While your proposal seems to be more efficient than the current Java code, it 
suffers from some drawbacks:
* The methods are far less readable (and maintainable) than the current simple 
Java implementations.
* Being more convoluted, they require extensive review time to make sure they 
are 100% correct.
* They only benefit interpreted code, that is, code that is rarely executed. In 
normal circumstances, hot code does not execute the Java version.
All in all, given the combination of the above, I'm not sure that a review 
effort would benefit the general public.

Also, your claim about improved efficiency should be substantiated by JMH 
results (https://github.com/openjdk/jmh) to convince this audience.

Greetings
Raffaello


________________________________________
From: core-libs-dev <[email protected]> on behalf of John Platts 
<[email protected]>
Sent: Sunday, December 21, 2025 06:12
To: [email protected]
Subject: Improving performance of the default implementation of 
java.lang.Math.fma

There is a much better way to implement java.lang.Math.fma(double, double, 
double) than the current default implementation in 
src/java.base/share/classes/java/lang/Math.java.
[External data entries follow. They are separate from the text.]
-- ===== src/Operations/SysBlocking.antt =====
-- blocking/mod.rs: the system backend.
use vault_client_rs.Prelude.{Bool}
use vault_client_rs.Effect.{M}
use vault_client_rs.Operations.{block_on}
use vault_client_rs.Operations.Sys.{SysOperations}

-- `SysHandler` of blocking/mod.rs.
unfoldable pub blocking_sys : {T : Type 0} → Bool → SysOperations M T → SysOperations M T
unfolding block_on
blocking_sys in_runtime o = record {
  health = block_on in_runtime o.health;
  leader = block_on in_runtime o.leader;
  seal_status = block_on in_runtime o.seal_status;
  seal = block_on in_runtime o.seal;
  unseal = λ a. block_on in_runtime (o.unseal a);
  init = λ a. block_on in_runtime (o.init a);
  step_down = block_on in_runtime o.step_down;
  list_mounts = block_on in_runtime o.list_mounts;
  mount = λ a b. block_on in_runtime (o.mount a b);
  unmount = λ a. block_on in_runtime (o.unmount a);
  tune_mount = λ a b. block_on in_runtime (o.tune_mount a b);
  read_mount_tune = λ a. block_on in_runtime (o.read_mount_tune a);
  list_auth_mounts = block_on in_runtime o.list_auth_mounts;
  enable_auth = λ a b. block_on in_runtime (o.enable_auth a b);
  disable_auth = λ a. block_on in_runtime (o.disable_auth a);
  read_auth_tune = λ a. block_on in_runtime (o.read_auth_tune a);
  list_policies = block_on in_runtime o.list_policies;
  read_policy = λ a. block_on in_runtime (o.read_policy a);
  write_policy = λ a b. block_on in_runtime (o.write_policy a b);
  delete_policy = λ a. block_on in_runtime (o.delete_policy a);
  read_lease = λ a. block_on in_runtime (o.read_lease a);
  renew_lease = λ a b. block_on in_runtime (o.renew_lease a b);
  revoke_lease = λ a. block_on in_runtime (o.revoke_lease a);
  revoke_prefix = λ a. block_on in_runtime (o.revoke_prefix a);
  list_audit_devices = block_on in_runtime o.list_audit_devices;
  enable_audit = λ a b. block_on in_runtime (o.enable_audit a b);
  disable_audit = λ a. block_on in_runtime (o.disable_audit a);
  unwrap = λ a. block_on in_runtime (o.unwrap a);
  wrap_lookup = λ a. block_on in_runtime (o.wrap_lookup a);
  capabilities = λ a b. block_on in_runtime (o.capabilities a b);
  capabilities_self = λ a. block_on in_runtime (o.capabilities_self a);
  key_status = block_on in_runtime o.key_status;
  rotate_encryption_key = block_on in_runtime o.rotate_encryption_key;
  list_plugins = λ a. block_on in_runtime (o.list_plugins a);
  read_plugin = λ a b. block_on in_runtime (o.read_plugin a b);
  register_plugin = λ a. block_on in_runtime (o.register_plugin a);
  deregister_plugin = λ a b. block_on in_runtime (o.deregister_plugin a b);
  reload_plugin = λ a. block_on in_runtime (o.reload_plugin a);
  raft_config = block_on in_runtime o.raft_config;
  raft_autopilot_state = block_on in_runtime o.raft_autopilot_state;
  raft_remove_peer = λ a. block_on in_runtime (o.raft_remove_peer a);
  raft_snapshot = block_on in_runtime o.raft_snapshot;
  raft_snapshot_restore = λ a. block_on in_runtime (o.raft_snapshot_restore a);
  in_flight_requests = block_on in_runtime o.in_flight_requests;
  list_namespaces = block_on in_runtime o.list_namespaces;
  create_namespace = λ a. block_on in_runtime (o.create_namespace a);
  delete_namespace = λ a. block_on in_runtime (o.delete_namespace a);
  list_rate_limit_quotas = block_on in_runtime o.list_rate_limit_quotas;
  read_rate_limit_quota = λ a. block_on in_runtime (o.read_rate_limit_quota a);
  write_rate_limit_quota = λ a b. block_on in_runtime (o.write_rate_limit_quota a b);
  delete_rate_limit_quota = λ a. block_on in_runtime (o.delete_rate_limit_quota a);
  rekey_init = λ a. block_on in_runtime (o.rekey_init a);
  rekey_status = block_on in_runtime o.rekey_status;
  rekey_cancel = block_on in_runtime o.rekey_cancel;
  rekey_update = λ a b. block_on in_runtime (o.rekey_update a b);
  generate_root_init = λ a. block_on in_runtime (o.generate_root_init a);
  generate_root_status = block_on in_runtime o.generate_root_status;
  generate_root_cancel = block_on in_runtime o.generate_root_cancel;
  generate_root_update = λ a b. block_on in_runtime (o.generate_root_update a b);
  remount = λ a b. block_on in_runtime (o.remount a b);
  metrics_json = block_on in_runtime o.metrics_json;
  host_info = block_on in_runtime o.host_info;
  internal_counters_activity = block_on in_runtime o.internal_counters_activity;
  version_history = block_on in_runtime o.version_history;
  rewrap = λ a. block_on in_runtime (o.rewrap a);
}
Here is a much better implementation of java.lang.Math.fma (and this has been 
shown to be much faster than (new BigDecimal(a)).multiply(new 
BigDecimal(b)).add(new BigDecimal(c)).doubleValue() if a, b, and c are all 
finite floating-point values through benchmarking):
    private static double scalbFiniteF64Sum(double hi, double lo, int exp) {
        // Both hi and lo should be finite, and |hi| >= |lo| should be true if
        // hi != 0.0

        final double sum0 = hi + lo;
        final double scaleResult0 = Math.scalb(sum0, exp);
        if (!(Math.abs(scaleResult0) <= Double.MIN_NORMAL) || lo == 0.0) {
            // If |scaleResult0| > Double.MIN_NORMAL or lo == 0.0, then
            // scaleResult0 will be correctly rounded.

            // Return scaleResult0 in this case.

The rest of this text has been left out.